### [Your instructions]
Copy the records below verbatim, from the first line through the line containing "-- For a region", inclusive, and output nothing else.

### [Records provided]
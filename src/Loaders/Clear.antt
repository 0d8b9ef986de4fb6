-- ===== src/Loaders/Clear.antt =====
-- What the clearing of a bss leaves in memory.
use toy_bootloader.Common.{
  ℕ, zero, suc, ◌+◌, ◌-◌, ◌≤◌, ◌≡◌, refl, some, arith, ltb, leb, ◌&&◌, if◌then◌else◌,
}
use toy_bootloader.Machine.{Machine, update}
use toy_bootloader.Loaders.Defs.{zero_bytes, memreset, reset_bss}

pub zero_bytes_lem :
    (n s : ℕ) (mem : ℕ → ℕ) (j : ℕ)
    → zero_bytes n s mem j ≡ (if leb s j && ltb j (s + n) then 0 else mem j)
unfolding zero_bytes
zero_bytes_lem zero s mem j = ground arith
zero_bytes_lem (suc n) s mem j = ground (arith, zero_bytes_lem n (s + 1) (update mem s 0) j)

-- For a region that does not end before it begins, stage 3's `memreset` and the `reset_bss` of
-- loader_protected both return the same machine, whose memory is 0 in the region and as before
-- outside, and whose trace is as before.
pub memreset-reset_bss :
    (s e : ℕ) (m : Machine) (j : ℕ)
    → s ≤ e
    → (m' : Machine) × (memreset s e m ≡ some (tt, m'))
      × (reset_bss s e m ≡ some (tt, m'))
      × (m'.mem j ≡ (if leb s j && ltb j e then 0 else m.mem j))
      × (m'.trace ≡ m.trace)
unfolding memreset reset_bss
memreset-reset_bss s e m j h =
    (_, ground arith, refl, ground (arith, zero_bytes_lem (e - s) s m.mem j), refl)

### [Written response]
filename src/Loaders/Clear.antt
repository 0d8b9ef986de4fb6
-- ===== src/Loaders/Clear.antt =====
-- What the clearing of a bss leaves in memory.
use toy_bootloader.Common.{
  ℕ, zero, suc, ◌+◌, ◌-◌, ◌≤◌, ◌≡◌, refl, some, arith, ltb, leb, ◌&&◌, if◌then◌else◌,
}
use toy_bootloader.Machine.{Machine, update}
use toy_bootloader.Loaders.Defs.{zero_bytes, memreset, reset_bss}

pub zero_bytes_lem :
    (n s : ℕ) (mem : ℕ → ℕ) (j : ℕ)
    → zero_bytes n s mem j ≡ (if leb s j && ltb j (s + n) then 0 else mem j)
unfolding zero_bytes
zero_bytes_lem zero s mem j = ground arith
zero_bytes_lem (suc n) s mem j = ground (arith, zero_bytes_lem n (s + 1) (update mem s 0) j)

-- For a region that does not end before it begins, stage 3's `memreset` and the `reset_bss` of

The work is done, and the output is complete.